#### [HOW TO COMPLETE THIS TASK]
Please return all lines of the data below containing the string "back".

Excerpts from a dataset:
• • • •

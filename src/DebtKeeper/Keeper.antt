-- ===== src/DebtKeeper/Keeper.antt =====
-- rita/src/rita_common/debt_keeper/mod.rs: the actor `DebtKeeper`, its message handlers, and the
-- loading and saving of its data. What a handler sends to other actors is part of its result.
use althea_rs.Prelude.{
  ℕ, Bool, true, false, not, Option, none, some, List, [], ◌∷◌, ◌++◌, ◌&&◌, ◌==◌, map,
  if◌then◌else◌,
}
use althea_rs.Prelude.Int.{ℤ, pos, leb_ℤ}
use althea_rs.Prelude.Maps.{HashMap, get, insert}
use althea_rs.Prelude.Outcome.{Outcome, ok, err, panic, Action}
use althea_rs.Num256.{Num256}
use althea_rs.AltheaTypes.{Identity, PaymentTx, identity_key}
use althea_rs.Settings.{PaymentSettings}
use althea_rs.Time.{Instant, Duration, from_secs, elapsed_over}
use althea_rs.DebtKeeper.Peer.{
  DebtAction, suspend_tunnel, open_tunnel, make_payment, Error, no_mesh_ip, NodeDebtData, Method,
  new_debt_data, payment_received, payment_succeeded, payment_failed, traffic_update,
  traffic_replace,
}
use althea_rs.DebtKeeper.Update.{send_update}
use althea_rs.TunnelManager.Tunnel.{payment_overdue, paid_on_time, TunnelChange}

abbrev pub DebtData : Type 0
DebtData = HashMap Identity NodeDebtData

pub record DebtKeeper : Type 0 where
  pub last_save : Option Instant
  pub debt_data : DebtData

pub record Traffic : Type 0 where
  pub from : Identity
  pub amount : ℤ

-- `SAVE_FREQENCY`
abbrev pub save_frequency : Duration
save_frequency = from_secs 1800

-- `get_debt_data_mut`: the entry, made new where there is none.
unfoldable pub debt_data_or_new : Identity → DebtData → NodeDebtData
debt_data_or_new ident m = elim (get ident m) [ none ↦ new_debt_data | some d ↦ d ]

-- A method of the keeper that works on the entry of one peer.
unfoldable pub on_peer : {A : Type 0} → Identity → Method A → Action DebtKeeper Error A
on_peer ident method k =
    let (r, d) = method (debt_data_or_new ident k.debt_data) in
    (r, record k { debt_data = insert ident d k.debt_data })

-- `save_if_needed`, where `saves` says whether writing the file succeeds.
unfoldable pub save_if_needed : Instant → Bool → DebtKeeper → DebtKeeper
save_if_needed now saves k =
    if needed k.last_save && saves then record k { last_save = some now } else k
  where
    needed : Option Instant → Bool
    needed none = true
    needed (some val) = elapsed_over now val save_frequency

-- `Dump` and `GetDebtsList`
unfoldable pub get_debts : DebtKeeper → DebtData
get_debts k = k.debt_data

-- `debt_data_to_ser`
unfoldable pub debt_data_to_ser : DebtData → List (Identity × NodeDebtData)
debt_data_to_ser [] = []
debt_data_to_ser ((i, d) ∷ m) = (i, d) ∷ debt_data_to_ser m

-- The `serde` attributes of `NodeDebtData`: these three fields are not read back.
unfoldable pub deserialized : NodeDebtData → NodeDebtData
deserialized d = record d {
  payment_in_flight = false;
  payment_in_flight_start = none;
  last_successful_payment = none;
}

-- The loop of `ser_to_debt_data`.
unfoldable pub load_entries : List (Identity × NodeDebtData) → DebtData → DebtData
load_entries [] ret = ret
load_entries ((i, d) ∷ rest) ret = load_entries rest (
    if leb_ℤ d.debt (pos 0) && d.incoming_payments == 0
    then ret
    else (insert i (if leb_ℤ d.debt (pos 0) then record d { debt = pos 0 } else d) ret))

unfoldable pub ser_to_debt_data : List (Identity × NodeDebtData) → DebtData
unfolding load_entries
ser_to_debt_data entries = load_entries entries []

-- `DebtKeeper::default` after its assertions: `none` stands for a file that cannot be opened, read
-- or parsed.
unfoldable pub load : Option (List (Identity × NodeDebtData)) → DebtKeeper
unfolding ser_to_debt_data
load none = record { last_save = none; debt_data = [] }
load (some entries) = record { last_save = none; debt_data = ser_to_debt_data entries }

-- What `SendUpdate` sends: payments at once, the tunnel changes together at the end.
pub record Sent : Type 0 where
  pub payments : List PaymentTx
  pub tunnels : Option (List TunnelChange)

-- The one tunnel change that an answer stands for.
unfoldable pub tunnel_change : Identity → DebtAction → List TunnelChange
tunnel_change k suspend_tunnel = record { identity = k; action = payment_overdue } ∷ []
tunnel_change k open_tunnel = record { identity = k; action = paid_on_time } ∷ []
tunnel_change k (make_payment to amount) = []

module _ (num : Num256) where
  -- `Handler<TrafficUpdate>`
  unfoldable pub traffic_updates : List Traffic → Action DebtKeeper Error (Unit {0})
  traffic_updates [] k = (ok tt, k)
  traffic_updates (t ∷ ts) k =
      let (r, k') = on_peer t.from (traffic_update num t.amount) k in
      let rest = traffic_updates ts k' in
      elim r [ ok _ ↦ rest | err e ↦ (err e, k') | panic ↦ (panic, k') ]

  -- The loop of `Handler<WgKeyInsensitiveTrafficUpdate>` over the entries.
  unfoldable pub find_insensitive : Identity → DebtData → Option Identity
  find_insensitive partial_id [] = none
  find_insensitive partial_id ((id, d) ∷ m) =
      if id.eth_address == partial_id.eth_address
        && id.mesh_ip == partial_id.mesh_ip
        && not (id.wg_public_key == partial_id.wg_public_key)
      then some id
      else find_insensitive partial_id m

  unfoldable pub insensitive_update : Traffic → Action DebtKeeper Error (Unit {0})
  insensitive_update t k = elim (find_insensitive t.from k.debt_data) [
    | none ↦ (ok tt, k)
    | some id ↦ on_peer id (traffic_update num t.amount) k
  ]

  module _ (settings : PaymentSettings) (now : Instant) (our_id : Option Identity) where
    -- The loop of `Handler<SendUpdate>` over the peers, with the tunnel changes so far. The
    -- payments come back also where an error ends the loop.
    unfoldable pub update_peers :
        List Identity
        → List TunnelChange
        → DebtKeeper
        → Outcome Error (List TunnelChange) × List PaymentTx × DebtKeeper
    update_peers [] changes k = (ok changes, [], k)
    update_peers (ident ∷ rest) changes k =
        let (r, k') = on_peer ident (send_update num settings now ident) k in
        elim r [
          | err e ↦ (err e, [], k')
          | panic ↦ (panic, [], k')
          | ok (make_payment to amount) ↦ elim our_id [
            | none ↦ (err no_mesh_ip, [], k')
            | some id ↦
                let (r', sent, last) = update_peers rest changes k' in
                (r', record { to = to; from = id; amount = amount; txid = none } ∷ sent, last)
          ]
          | ok action ↦ update_peers rest (changes ++ tunnel_change ident action) k'
        ]

    -- `Handler<SendUpdate>`
    unfoldable pub handle_send_update :
        Bool → DebtKeeper → Outcome Error (Unit {0}) × Sent × DebtKeeper
    handle_send_update saves k₀ =
        let k = save_if_needed now saves k₀ in
        let (r, sent, k') = update_peers (map (λ e. e.0) k.debt_data) [] k in
        elim r [
          | ok changes ↦ (ok tt, record { payments = sent; tunnels = some changes }, k')
          | err e ↦ (err e, record { payments = sent; tunnels = none }, k')
          | panic ↦ (panic, record { payments = sent; tunnels = none }, k')
        ]

  -- `Handler<PaymentReceived>`, `Handler<PaymentFailed>` and `Handler<TrafficReplace>`
  unfoldable pub handle_payment_received : Identity → ℕ → Action DebtKeeper Error (Unit {0})
  handle_payment_received from amount = on_peer from (payment_received num amount)

  unfoldable pub handle_payment_failed : Identity → Action DebtKeeper Error (Unit {0})
  handle_payment_failed to = on_peer to (payment_failed num)

  unfoldable pub handle_traffic_replace : Instant → Traffic → Action DebtKeeper Error (Unit {0})
  handle_traffic_replace now t = on_peer t.from (traffic_replace num now t.amount)

  -- `Handler<PaymentSucceeded>`: the second part is the amount of the message `AddTxToTotal`.
  unfoldable pub handle_payment_succeeded :
      Instant → Identity → ℕ → DebtKeeper → Outcome Error (Unit {0}) × ℕ × DebtKeeper
  handle_payment_succeeded now to amount k =
      let (r, k') = on_peer to (payment_succeeded num now amount) k in (r, amount, k')
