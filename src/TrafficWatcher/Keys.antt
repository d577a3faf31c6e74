-- ===== src/TrafficWatcher/Keys.antt =====
-- rita/src/rita_common/traffic_watcher/mod.rs: addresses, interface names, and pairs of both as keys.
use Prim.Native.String.{String}
use text.Mathlib.Text.{◌==◌ as str_eq}
use text.Mathlib.TextEquality.{eq_iff}
use text.Mathlib.TextPositions.{eq_refl}
use althea_rs.Prelude.{ℕ, ◌==◌, ◌≡◌, ap, Bool, true, ◌&&◌, arith}
use althea_rs.Prelude.Maps.{Key}

pub ip_eq_refl : (a : ℕ) → (a == a) ≡ true
ip_eq_refl a = ground arith

pub ip_eq_cong : (a b c : ℕ) → (a == b) ≡ true → (a == c) ≡ (b == c)
ip_eq_cong a b c h = ground arith

instance abbrev pub ip_key : Key ℕ
ip_key = record { eq = ◌==◌; eq_refl = ip_eq_refl; eq_cong = ip_eq_cong }

pub name_eq_cong : (a b c : String) → str_eq a b ≡ true → str_eq a c ≡ str_eq b c
name_eq_cong a b c h = ap (λ s. str_eq s c) ((eq_iff a b).0 h)

instance abbrev pub name_key : Key String
name_key = record { eq = str_eq; eq_refl = eq_refl; eq_cong = name_eq_cong }

abbrev pub counter_eq : ℕ × String → ℕ × String → Bool
counter_eq (ip, name) (ip', name') = ip == ip' && str_eq name name'

pub counter_eq_refl : (a : ℕ × String) → counter_eq a a ≡ true
counter_eq_refl (ip, name) = ground (arith, eq_refl name)

pub counter_eq_cong : (a b c : ℕ × String) → counter_eq a b ≡ true → counter_eq a c ≡ counter_eq b c
counter_eq_cong (ip, name) (ip', name') (ip'', name'') h =
    ground (arith, h, name_eq_cong name name' name'')

instance abbrev pub counter_key : Key (ℕ × String)
counter_key = record { eq = counter_eq; eq_refl = counter_eq_refl; eq_cong = counter_eq_cong }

• • • •

#### [RESULT]
-- The `serde` attributes of `NodeDebtData`: these three fields are not read back.
    -- payments come back also where an error ends the loop.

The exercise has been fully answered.